Postoperative Care (Hirose and Johnson)

• 0-7/14 Days: The incisions are closed in a routine fashion, and a bulky compressive dressing with a posterior plaster splint is applied.
• 1-2 Weeks: The compressive dressing is removed, wounds are inspected, and the patient is placed in a non-weight-bearing cast.
• 6 Weeks: Radiographs are taken. If radiographic fusion of the osteotomy is evident, weight-bearing as tolerated is initiated in a protective boot.

Management of Stage IV Flatfoot Deformity

Stage IV chronic posterior tibial tendon deformity represents the end-stage of medial column and hindfoot failure, characterized by the development of ankle joint incongruency and valgus talar tilt. This is one of the most challenging problems in foot and ankle reconstruction.

While rigid ankle-foot orthoses (AFOs) and bracing remain the mainstay of conservative treatment, a subset of patients will experience intractable pain and require surgical intervention.

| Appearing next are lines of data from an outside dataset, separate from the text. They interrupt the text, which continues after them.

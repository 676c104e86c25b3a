-- ===== src/AsyncWriter/Barrier.antt =====
-- Executions of the asynchronous writer from `launch` on: its queue and its barrier.
use tfdb.Prelude.{
  lt_or_ge, ℕ, suc, ◌+◌, ◌^◌, ◌≤◌, ◌<◌, ◌≡◌, refl, ◌⊎◌, inl, inr, Bool, true, false, not, ◌||◌,
  Option, none, some, List, [], ◌∷◌, arith, ltb, leb, if◌then◌else◌, Bool-cases, length, ℤ,
}
use tfdb.Status.{ErrorCode, Status, ok, error, is_ok}
use tfdb.Bytes.{ByteView}
use tfdb.RingStore.State.{Device}
use tfdb.RingStore.Append.{AppendContract}
use tfdb.RingStore.Outcome.{returned, stopped, if-Outcome, status-Outcome, always-Outcome}
use tfdb.AsyncWriter.State.{AsyncWriter, Thread, unstarted, waiting, finished, holding, Work}
use tfdb.AsyncWriter.Client.{
  submit_impl, request_checkpoint, request_stop, launch, answer_checkpoint,
}
use tfdb.AsyncWriter.Thread.{do_work, finish_work, fail_background}
use tfdb.AsyncWriter.Steps.{
  Action, submits, asks_checkpoint, asks_stop, takes, completes, perform, perform_all, with_store,
  take_if_waiting, complete_held,
}
use tfdb.AsyncWriter.Order.{IsOrdered, raise_limit}
use tfdb.AsyncWriter.Ordered.{submit_impl-IsOrdered, take_work-IsOrdered, finish_work-IsOrdered}

plus_zero : (n : ℕ) → n + 0 ≡ n
plus_zero n = omega arith

confirmed_status :
    (status : Status) (running : Bool) (target completed : ℕ)
    → ((if not (leb target completed || not (is_ok status) || not running)
          then none
          else if not (is_ok status)
          then some status
          else if ltb completed target
          then some (error ErrorCode.closed)
          else some ok)
        ≡ some ok)
    → (is_ok status ≡ true) × (target ≤ completed)
confirmed_status ok running target completed e = elim (lt_or_ge completed target) [
  | inr reached ↦ (refl, reached)
  | inl late ↦ absurd (ground arith)
]
confirmed_status (error c) running target completed e =
    elim (Bool-cases (leb target completed || true || not running)) [
      | inl t ↦ absurd (ground arith)
      | inr t ↦ absurd (ground arith)
    ]

zero_plus : (n : ℕ) → 0 + n ≡ n
zero_plus n = omega arith

plus_suc : (n m : ℕ) → n + suc m ≡ n + 1 + m
plus_suc n m = omega arith

module _ {S : Type 0} (dev : Device S) where
  -- After a failure the thread has ended, and nothing is confirmed any more.
  abbrev pub IsDead : AsyncWriter S → Type 0
  IsDead a = (a.thread ≡ finished) × (is_ok a.background_status ≡ false)

  abbrev pub IsSafe : ℕ → AsyncWriter S → Type 0
  IsSafe limit a = IsOrdered limit a ⊎ IsDead a

  finished-IsSafe :
      (limit : ℕ) (work : Work) (status : Status) (durable_at : ℕ) (a : AsyncWriter S)
      → (a.thread ≡ holding work)
      → IsSafe limit a
      → IsSafe limit (finish_work dev work status durable_at a)
  unfolding finish_work fail_background
  finished-IsSafe limit work ok durable_at a at (inl h) =
      inl (finish_work-IsOrdered dev limit work durable_at a at h)
  finished-IsSafe limit work ok durable_at a at (inr h) = absurd (let (gone, bad) = h in cc)
  finished-IsSafe limit work (error c) durable_at a at h = inr (refl, refl)

  completed-IsSafe :
      (limit : ℕ) (thread : Thread) (durable_at : ℕ) (a : AsyncWriter S)
      → (a.thread ≡ thread)
      → IsSafe limit a
      → IsSafe limit (complete_held dev thread durable_at a)
  completed-IsSafe limit unstarted durable_at a at h = h
  completed-IsSafe limit waiting durable_at a at h = h
  completed-IsSafe limit finished durable_at a at h = h
  completed-IsSafe limit (holding work) durable_at a at h =
      finished-IsSafe limit work _ durable_at (with_store dev (do_work dev work a.store).1 a) at h

  taken-IsSafe :
      (limit : ℕ) (thread : Thread) (now dequeued_at : ℕ) (a : AsyncWriter S)
      → (a.thread ≡ thread)
      → IsSafe limit a
      → IsSafe limit (take_if_waiting dev thread now dequeued_at a)
  taken-IsSafe limit unstarted now dequeued_at a at h = h
  taken-IsSafe limit waiting now dequeued_at a at (inl h) =
      inl (take_work-IsOrdered dev limit now dequeued_at a at h)
  taken-IsSafe limit waiting now dequeued_at a at (inr h) = absurd (let (gone, bad) = h in cc)
  taken-IsSafe limit finished now dequeued_at a at h = h
  taken-IsSafe limit (holding work) now dequeued_at a at h = h

  -- The flags and the requested barrier are no part of the order.
  requested-IsSafe :
      (limit : ℕ) (a : AsyncWriter S) → IsSafe limit a → IsSafe limit (request_checkpoint a).1
  unfolding request_checkpoint
  requested-IsSafe limit a h = always-Outcome {Good = λ b. IsSafe limit b} (
      if-Outcome (not (is_ok a.background_status))
        (λ _. status-Outcome a.background_status h (λ c. h))
        (λ _. if-Outcome (not a.running) (λ _. stopped h) (λ _. returned h)))

  stop-IsSafe : (limit : ℕ) (a : AsyncWriter S) → IsSafe limit a → IsSafe limit (request_stop a)
  unfolding request_stop
  stop-IsSafe limit a h = elim (Bool-cases a.running) [ inl e ↦ rw e h | inr e ↦ rw e h ]

  submit-IsSafe :
      (limit : ℕ) (view : ByteView) (time : ℤ) (flags : ℕ) (expected : Option AppendContract)
      (now : ℕ) (a : AsyncWriter S)
      → limit + 1 < 2 ^ 64
      → IsSafe limit a
      → IsSafe (limit + 1) (submit_impl view time flags expected now a).1
  unfolding submit_impl
  submit-IsSafe limit view time flags expected now a small (inl h) =
      inl (submit_impl-IsOrdered dev limit view time flags expected now a h small)
  submit-IsSafe limit view time flags expected now a small (inr (gone, bad)) =
      rw bad (inr (gone, bad))

  raise-IsSafe : (limit : ℕ) (a : AsyncWriter S) → IsSafe limit a → IsSafe (limit + 1) a
  raise-IsSafe limit a (inl h) = inl (raise_limit limit a.queue _ _ _ _ _ _ _ _ h)
  raise-IsSafe limit a (inr h) = inr h

  pub perform-IsSafe :
      (limit : ℕ) (action : Action) (a : AsyncWriter S)
      → limit + 1 < 2 ^ 64
      → IsSafe limit a
      → IsSafe (limit + 1) (perform dev action a)
  unfolding perform
  perform-IsSafe limit (submits view time flags expected now) a small h =
      submit-IsSafe limit view time flags expected now a small h
  perform-IsSafe limit asks_checkpoint a small h =
      raise-IsSafe limit (request_checkpoint a).1 (requested-IsSafe limit a h)
  perform-IsSafe limit asks_stop a small h =
      raise-IsSafe limit (request_stop a) (stop-IsSafe limit a h)
  perform-IsSafe limit (takes now dequeued_at) a small h =
      raise-IsSafe limit (take_if_waiting dev a.thread now dequeued_at a)
        (taken-IsSafe limit a.thread now dequeued_at a refl h)
  perform-IsSafe limit (completes durable_at) a small h =
      raise-IsSafe limit (complete_held dev a.thread durable_at a)
        (completed-IsSafe limit a.thread durable_at a refl h)

  perform_all-IsSafe :
      (limit : ℕ) (actions : List Action) (a : AsyncWriter S)
      → limit + length actions < 2 ^ 64
      → IsSafe limit a
      → IsSafe (limit + length actions) (perform_all dev actions a)
  unfolding perform_all
  perform_all-IsSafe limit [] a small h = rw (plus_zero limit) h
  perform_all-IsSafe limit (action ∷ actions) a small h =
      let rest =
        perform_all-IsSafe (limit + 1) actions (perform dev action a) (omega (arith, small))
          (perform-IsSafe limit action a (omega (arith, small)) h) in
      rw (plus_suc limit (length actions)) rest

  pub confirmed :
      (target : ℕ) (a : AsyncWriter S)
      → (answer_checkpoint target a ≡ some ok)
      → (is_ok a.background_status ≡ true) × (target ≤ a.completed_barrier)
  unfolding answer_checkpoint
  confirmed target a e = confirmed_status a.background_status a.running target a.completed_barrier e

  pub launch-IsOrdered :
      (now : ℕ) (a : AsyncWriter S)
      → a.options.queue_capacity_bytes < 2 ^ 64
      → IsOrdered 0 (launch now a)
  unfolding launch
  launch-IsOrdered now a h = record {
    first = 1;
    queue_run = refl;
    held_next = refl;
    bytes_counted = refl;
    barrier_trails = omega arith;
    barrier_durable = refl;
    bytes_bound = omega arith;
    records_bound = omega arith;
    capacity_bound = h;
    submitted_bound = omega arith;
  }

  started-IsSafe :
      (now : ℕ) (actions : List Action) (a : AsyncWriter S)
      → a.options.queue_capacity_bytes < 2 ^ 64
      → length actions < 2 ^ 64
      → IsSafe (length actions) (perform_all dev actions (launch now a))
  started-IsSafe now actions a small few =
      let p =
        perform_all-IsSafe 0 actions (launch now a) (rw (zero_plus (length actions)) few)
          (inl (launch-IsOrdered now a small)) in
      rw (zero_plus (length actions)) at p

  safe-IsOrdered :
      (limit : ℕ) (a : AsyncWriter S)
      → (is_ok a.background_status ≡ true)
      → IsSafe limit a
      → IsOrdered limit a
  safe-IsOrdered limit a fine (inl h) = h
  safe-IsOrdered limit a fine (inr (gone, bad)) = absurd cc

  -- In every execution of fewer than 2 ^ 64 actions that starts with `start`, a writer that has not
  -- failed has its queue in the order of submission, right after the processed items, with its bytes
  -- counted and both capacities kept; its barrier is what is durable and trails what was processed.
  pub perform_all-IsOrdered :
      (now : ℕ) (actions : List Action) (a : AsyncWriter S)
      → a.options.queue_capacity_bytes < 2 ^ 64
      → length actions < 2 ^ 64
      → (is_ok (perform_all dev actions (launch now a)).background_status ≡ true)
      → IsOrdered (length actions) (perform_all dev actions (launch now a))
  perform_all-IsOrdered now actions a small few fine =
      safe-IsOrdered (length actions) (perform_all dev actions (launch now a)) fine
        (started-IsSafe now actions a small few)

Surgical Options for Stage IV Deformity

1. Rigid Deformities: For patients with rigid, fixed deformities and significant ankle arthrosis, the gold standard remains tibiotalocalcaneal (TTC) arthrodesis or isolated ankle arthrodesis. If the hindfoot deformity can be perfectly corrected and the ankle ligaments balanced, total ankle arthroplasty may be considered in highly selected, low-demand patients.
2. Flexible Deformities (Deltoid Reconstruction): In a very select group of patients presenting with a flexible, reducible hindfoot deformity, less than 10 degrees of tibiotalar valgus tilt, and minimal lateral ankle joint arthrosis, joint-sparing procedures can be attempted.
   • Jeng et al. described a specialized "minimally invasive" allograft technique for deltoid ligament reconstruction. This is virtually always performed in conjunction with a triple arthrodesis to provide a stable foundation, thereby protecting the medial ligamentous reconstruction from recurrent valgus forces.

Academic Perspective: The success of medial column arthrodesis relies heavily on the surgeon's ability to recognize the multi-planar nature of flatfoot deformity. Failing to address a tight gastrocnemius or ignoring a subluxed first TMT joint will inevitably lead to recurrent deformity, hardware failure, or nonunion. Meticulous joint preparation and rigid, multi-planar compression are the hallmarks of a successful outcome.